Glycoside hydrolases EC 3.2.1. are a widespread group of enzymes that hydrolyse the glycosidic bond between two or more carbohydrates, or between a carbohydrate and a non-carbohydrate moiety. A classification system for glycoside hydrolases, based on sequence similarity, has led to the definition of >100 different families.[1][2][3] This classification is available on the CAZy(http://www.cazy.org/GH1.html) web site,[4] and also discussed at CAZypedia, an online encyclopedia of carbohydrate active enzymes.[5]
Glycoside hydrolase family 28 CAZY GH_28 comprises enzymes with several known activities; polygalacturonase (EC 3.2.1.15); exo-polygalacturonase (EC 3.2.1.67); exo-polygalacturonase (EC 3.2.1.82); rhamnogalacturonase (EC not defined).
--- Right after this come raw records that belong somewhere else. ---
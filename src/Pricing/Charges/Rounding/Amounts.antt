-- ===== src/Pricing/Charges/Rounding/Amounts.antt =====
-- The amounts before the rounding are proper fractions.
use lite_api.Common.{
  ℕ, inl, inr, ltb, if◌then◌else◌, ◌==◌, nat_eq, string_eq, text_eq, ◌≡◌, refl, Text, String, Bool,
  ◌||◌, ◌&&◌, none, some, Bool-cases, arith,
}
use lite_api.Common.Errors.{Result, ok, err, ◌>>=◌, >>=-eq-ok}
use lite_api.Common.Strings.{trim_space, to_lower}
use lite_api.Common.Rat.{Rat, zero_rat, ◌*ℚ◌}
use lite_api.Pricing.Numbers.{Price, rat}
use lite_api.Pricing.Periods.{Moment, multiplier_at}
use lite_api.Pricing.Cards.Intervals.{Card}
use lite_api.Pricing.Charges.Tokens.{
  Audio, no_audio, bad_audio, audio, Usage, UnitPrices, interval_at, token_prices,
}
use lite_api.Pricing.Charges.Parts.{
  Parts, no_parts, write_part, tier_multiplier, effort_multiplier, token_parts, scale_parts,
  sum_parts,
}
use lite_api.Pricing.Charges.Requests.{request_price, request_units, audio_or, request_total}
use lite_api.Pricing.Charges.Totals.{context_tokens, is_by_request, amounts}
use lite_api.Pricing.Charges.Proper.{
  IsProper, IsProperOr, mul-IsProper, add-IsProper, rat-IsProper, decimal_or-IsProper,
  IsProperAudio, some-IsProperOr, component-IsProper, image_input_price-IsProper,
  effort_multiplier-IsProper, multiplier_at-IsProper, tier_multiplier-IsProper, AreProper,
  token_prices-AreProper,
}

answer-IsProper : {a r : Rat} → ok a ≡ ok r → IsProper a → IsProper r
answer-IsProper h p = ground arith

write_part-IsProper :
    (splits : Bool) (written : ℕ) (split : ℕ × ℕ) (prices : UnitPrices) {r : Rat}
    → AreProper prices
    → write_part splits written split prices ≡ ok r
    → IsProper r
unfolding write_part
write_part-IsProper splits written (five, hour) prices {r} proper h =
    elim (Bool-cases (splits && (ltb 0 five || ltb 0 hour))) [
      | inl e ↦
          let h' = rw e at h in
          let (five_cost, f, k) = >>=-eq-ok _ _ h' in
          let (hour_cost, g, l) = >>=-eq-ok _ _ k in
          answer-IsProper l (
            add-IsProper five_cost hour_cost (component-IsProper five prices.write_price proper.2 f)
              (component-IsProper hour prices.write_1h_price proper.3 g))
      | inr e ↦ component-IsProper written prices.write_price proper.2 (rw e at h)
    ]

abbrev ArePartsProper : Parts → Type 0
ArePartsProper ps =
    IsProper ps.input_part
    × IsProper ps.output_part
    × IsProper ps.write_part_of
    × IsProper ps.read_part
    × IsProper ps.image_input_part
    × IsProper ps.image_output_part

zero_rat-IsProper : IsProper zero_rat
zero_rat-IsProper = omega arith

token_parts-ArePartsProper :
    (p : Card) (u : Usage) (prices : UnitPrices) {ps : Parts}
    → AreProper prices
    → token_parts p u prices ≡ ok ps
    → ArePartsProper ps
unfolding token_parts
token_parts-ArePartsProper p u prices {ps} proper h =
    let (input, e, h1) = >>=-eq-ok _ _ h in
    let (output, e', h2) = >>=-eq-ok _ _ h1 in
    let (read, f, h3) = >>=-eq-ok _ _ h2 in
    let (image_in, f', h4) = >>=-eq-ok _ _ h3 in
    let (image_out, g, h5) = >>=-eq-ok _ _ h4 in
    let (written, g', h6) = >>=-eq-ok _ _ h5 in
    let a = component-IsProper _ _ proper.0 e in
    let b = component-IsProper _ _ proper.1 e' in
    let c = component-IsProper _ _ proper.4 f in
    let d = component-IsProper _ _ (image_input_price-IsProper p.image_input _ proper.0) f' in
    let fallback = decimal_or-IsProper p.image_output zero_rat zero_rat-IsProper in
    let i = component-IsProper _ _ (some-IsProperOr _ fallback) g in
    let j = write_part-IsProper _ _ _ prices proper g' in
    (ground arith, ground arith, ground arith, ground arith, ground arith, ground arith)

scale_parts-ArePartsProper :
    (m : Rat) (ps : Parts) → IsProper m → ArePartsProper ps → ArePartsProper (scale_parts m ps)
unfolding scale_parts
scale_parts-ArePartsProper m ps p q = (
  mul-IsProper _ m q.0 p,
  mul-IsProper _ m q.1 p,
  mul-IsProper _ m q.2 p,
  mul-IsProper _ m q.3 p,
  mul-IsProper _ m q.4 p,
  mul-IsProper _ m q.5 p,
)

sum_parts-IsProper : (ps : Parts) → ArePartsProper ps → IsProper (sum_parts ps)
unfolding sum_parts
sum_parts-IsProper ps q =
    add-IsProper _ _
      (add-IsProper _ _
        (add-IsProper _ _
          (add-IsProper _ _ (add-IsProper _ _ (add-IsProper zero_rat _ (omega arith) q.0) q.1) q.2)
          q.3)
        q.4)
      q.5

request_units-IsProper :
    (is_video : Bool) (u : Usage) {r : Rat} → request_units is_video u ≡ ok r → IsProper r
unfolding request_units ◌*ℚ◌
request_units-IsProper is_video u h = ground arith

audio_or-IsProper :
    (a : Audio) (units : Rat) {r : Rat}
    → IsProperAudio a
    → IsProper units
    → audio_or a units ≡ ok r
    → IsProper r
unfolding audio_or
audio_or-IsProper no_audio units p q h = ground arith
audio_or-IsProper bad_audio units p q h = ground arith
audio_or-IsProper (audio r) units p q h = ground arith

request_total-IsProper :
    (is_video : Bool) (u : Usage) (m : Rat) (price : Price) {r : Rat}
    → IsProper m
    → IsProperAudio u.audio_units
    → request_total is_video u m price ≡ ok r
    → IsProper r
unfolding request_total
request_total-IsProper is_video u m none p q h = absurd cc
request_total-IsProper is_video u m (some price) p q h =
    let (units, e, k) = >>=-eq-ok _ _ h in
    let (charged, f, l) = >>=-eq-ok _ _ k in
    let proper = audio_or-IsProper u.audio_units units q (request_units-IsProper is_video u e) f in
    answer-IsProper l
      (mul-IsProper _ m (mul-IsProper (rat price) charged (rat-IsProper price) proper) p)

by_request-IsProper :
    (call : Result Rat) {ps : Parts} {total : Rat}
    → ((r : Rat) → call ≡ ok r → IsProper r)
    → ◌>>=◌ {Y = Parts × Rat} call (λ r. ok (no_parts, r)) ≡ ok (ps, total)
    → ArePartsProper ps × IsProper total
by_request-IsProper (err e) p h = absurd cc
by_request-IsProper (ok r) p h = let proper = p r refl in (ground arith, ground arith)

by_tokens-IsProper :
    (call : Result Parts) (m : Rat) {ps : Parts} {total : Rat}
    → IsProper m
    → ((qs : Parts) → call ≡ ok qs → ArePartsProper qs)
    → ◌>>=◌ {Y = Parts × Rat} call (λ qs. ok (scale_parts m qs, sum_parts (scale_parts m qs)))
      ≡ ok (ps, total)
    → ArePartsProper ps × IsProper total
by_tokens-IsProper (err e) m p q h = absurd cc
by_tokens-IsProper (ok qs) m p q h =
    let parts = scale_parts-ArePartsProper m qs p (q qs refl) in
    let total = sum_parts-IsProper (scale_parts m qs) parts in (ground arith, ground arith)

pub amounts-IsProper :
    (p : Card) (u : Usage) (service_tier : Text) (effort : String) (label : Text) (at : Moment)
    (long_context : Bool) {ps : Parts} {total : Rat}
    → IsProperOr p.fast_ratio
    → IsProperAudio u.audio_units
    → amounts p u service_tier effort label at long_context ≡ ok (ps, total)
    → ArePartsProper ps × IsProper total
unfolding amounts
amounts-IsProper p u service_tier effort label at long_context {ps} {total} fast units h =
    elim (Bool-cases (is_by_request p.billing_mode)) [
      | inl e ↦
          by_request-IsProper
            (request_total (p.billing_mode == "video") u (effort_multiplier p.reasoning effort)
              (request_price p label (context_tokens u)))
            {ps = ps} {total = total}
            (λ r f.
              request_total-IsProper _ u _ _ (effort_multiplier-IsProper p.reasoning effort) units
                f)
            (rw e at h)
      | inr e ↦
          by_tokens-IsProper
            (token_parts p u (
              token_prices p
                (interval_at (if long_context then context_tokens u else 1) p.intervals)))
            (effort_multiplier p.reasoning effort
              *ℚ tier_multiplier p (to_lower (trim_space service_tier))
              *ℚ multiplier_at p.time_pricing at)
            {ps = ps} {total = total}
            (mul-IsProper _ _
              (mul-IsProper _ _ (effort_multiplier-IsProper p.reasoning effort)
                (tier_multiplier-IsProper p _ fast))
              (multiplier_at-IsProper p.time_pricing at))
            (λ qs f. token_parts-ArePartsProper p u _ (token_prices-AreProper p _) f) (rw e at h)
    ]
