-- ===== src/Pricing/Charges/Rounding.antt =====
-- The rounding of what a request costs.
pub mod Amounts
use lite_api.Common.{
  ℕ, inl, inr, ltb, if◌then◌else◌, ◌==◌, nat_eq, string_eq, text_eq, refl, ◌||◌, ◌&&◌, none, some,
  Bool-cases,
}
use lite_api.Common.Errors.{Result, err, ◌>>=◌}
use lite_api.Common.Strings.{trim_space, to_lower}
use lite_api.Common.Rat.{Rat, zero_rat, ◌*ℚ◌}
use lite_api.Pricing.Numbers.{Price}
use lite_api.Pricing.Periods.{multiplier_at}
use lite_api.Pricing.Charges.Tokens.{
  Audio, no_audio, bad_audio, audio, Cost, UnitPrices, interval_at, token_prices,
}
use lite_api.Pricing.Charges.Parts.{
  Parts, no_parts, write_part, tier_multiplier, effort_multiplier, token_parts, scale_parts,
  sum_parts,
}
use lite_api.Pricing.Charges.Requests.{request_price, request_units, audio_or, request_total}
use lite_api.Pricing.Charges.Totals.{context_tokens, is_by_request, amounts}
use lite_api.Pricing.Charges.Proper.{
  IsProper, IsNearest, add-IsProper, decimal_or-IsProper, some-IsProperOr, component-IsProper,
  image_input_price-IsProper, effort_multiplier-IsProper, multiplier_at-IsProper,
  tier_multiplier-IsProper, AreProper, token_prices-AreProper,
}

abbrev pub AmountsNearest : Cost → Rat → Type 0
AmountsNearest c rate =
    IsProper c.total_value
    × IsNearest 10 c.total_value c.total
    × IsNearest 10 (c.total_value *ℚ rate) c.actual
    × IsNearest 8 (c.total_value *ℚ rate) c.debit
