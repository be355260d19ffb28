-- ===== src/Pricing/Charges/Split.antt =====
-- The split of the written tokens.
use native.Mathlib.Nat
use lite_api.Common.{ℕ, ◌+◌, ◌*◌, ◌/◌, ◌^◌, ◌≤◌, ◌<◌, ◌≡◌, arith}
use lite_api.Pricing.Cards.Intervals.{max_count}
use lite_api.Pricing.Charges.Parts.{write_split}

-- A share `f` of `t` parts, rounded, is at most the whole.
share-le : (w f t : ℕ) → f ≤ t → 0 < t → (w * f * 2 + t) / (2 * t) ≤ w
share-le w f t h p =
    let product : w * f ≤ w * t = Nat.mul-le-mul_left w h in
    let below : w * f * 2 + t < (w + 1) * (2 * t) = grind arith in
    let positive : 0 < 2 * t = omega arith in
    let short : (w * f * 2 + t) / (2 * t) < w + 1 = (Nat.div-lt_iff_lt-mul positive).1 below in
    omega arith

product_bound : (w f : ℕ) → w ≤ max_count → f ≤ max_count → w * f ≤ max_count * max_count
product_bound w f a b = Nat.mul-le-mul a b

-- Where tokens were written, the two counts do not add up to more than they; where the usage names more
-- than were written, they share out exactly those. The numerator fits an int64, and the two counts pass
-- the test of the usage as the three given do.
pub write_split_bounds :
    (written five hour : ℕ)
    → written ≤ max_count
    → five ≤ max_count
    → hour ≤ max_count
    → (0 < written
        → (write_split written five hour).0 + (write_split written five hour).1 ≤ written)
      × (0 < written
          → written < five + hour
          → (write_split written five hour).0 + (write_split written five hour).1 ≡ written)
      × (written * five * 2 + (five + hour) < 2 ^ 63)
      × ((write_split written five hour).0 ≤ max_count)
      × ((write_split written five hour).1 ≤ max_count)
unfolding write_split
write_split_bounds written five hour a b c =
    let product = product_bound written five a b in
    let share : 0 < five + hour
        → (written * five * 2 + (five + hour)) / (2 * (five + hour)) ≤ written =
      λ p. share-le written five (five + hour) (omega arith) p in
    (λ p. ground arith, λ p q. ground arith, omega arith, ground arith, ground arith)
Polygalacturonase (PG) (pectinase)[6][7] catalyzes the random hydrolysis of 1,4-alpha-D-galactosiduronic linkages in pectate and other galacturonans. In fruit, polygalacturonase plays an important role in cell wall metabolism during ripening. In plant bacterial pathogens such as Erwinia carotovora or Ralstonia solanacearum (Pseudomonas solanacearum) and fungal pathogens such as Aspergillus niger, polygalacturonase is involved in maceration and soft-rotting of plant tissue. Exo-poly-alpha-D-galacturonosidase (EC 3.2.1.82) (exoPG)[8] hydrolyzes peptic acid from the non-reducing end, releasing digalacturonate. PG and exoPG share a few regions of sequence similarity, and belong to family 28 of the glycosyl hydrolases.
References
- ↑ Henrissat B, Callebaut I, Mornon JP, Fabrega S, Lehn P, Davies G (1995). "Conserved catalytic machinery and the prediction of a common fold for several families of glycosyl hydrolases". Proc. Natl. Acad. Sci. U.S.A. 92 (15): 7090–7094. doi:10.1073/pnas.92.15.7090. PMC 41477. PMID 7624375.
- ↑ Henrissat B, Davies G (1995). "Structures and mechanisms of glycosyl hydrolases". Structure 3 (9): 853–859. doi:10.1016/S0969-2126(01)00220-9. PMID 8535779.
- ↑ Bairoch, A. "Classification of glycosyl hydrolase families and index of glycosyl hydrolase entries in SWISS-PROT". 1999.
- ↑ Henrissat, B. and Coutinho P.M. "Carbohydrate-Active Enzymes server". 1999.
- ↑ CAZypedia, an online encyclopedia of carbohydrate-active enzymes.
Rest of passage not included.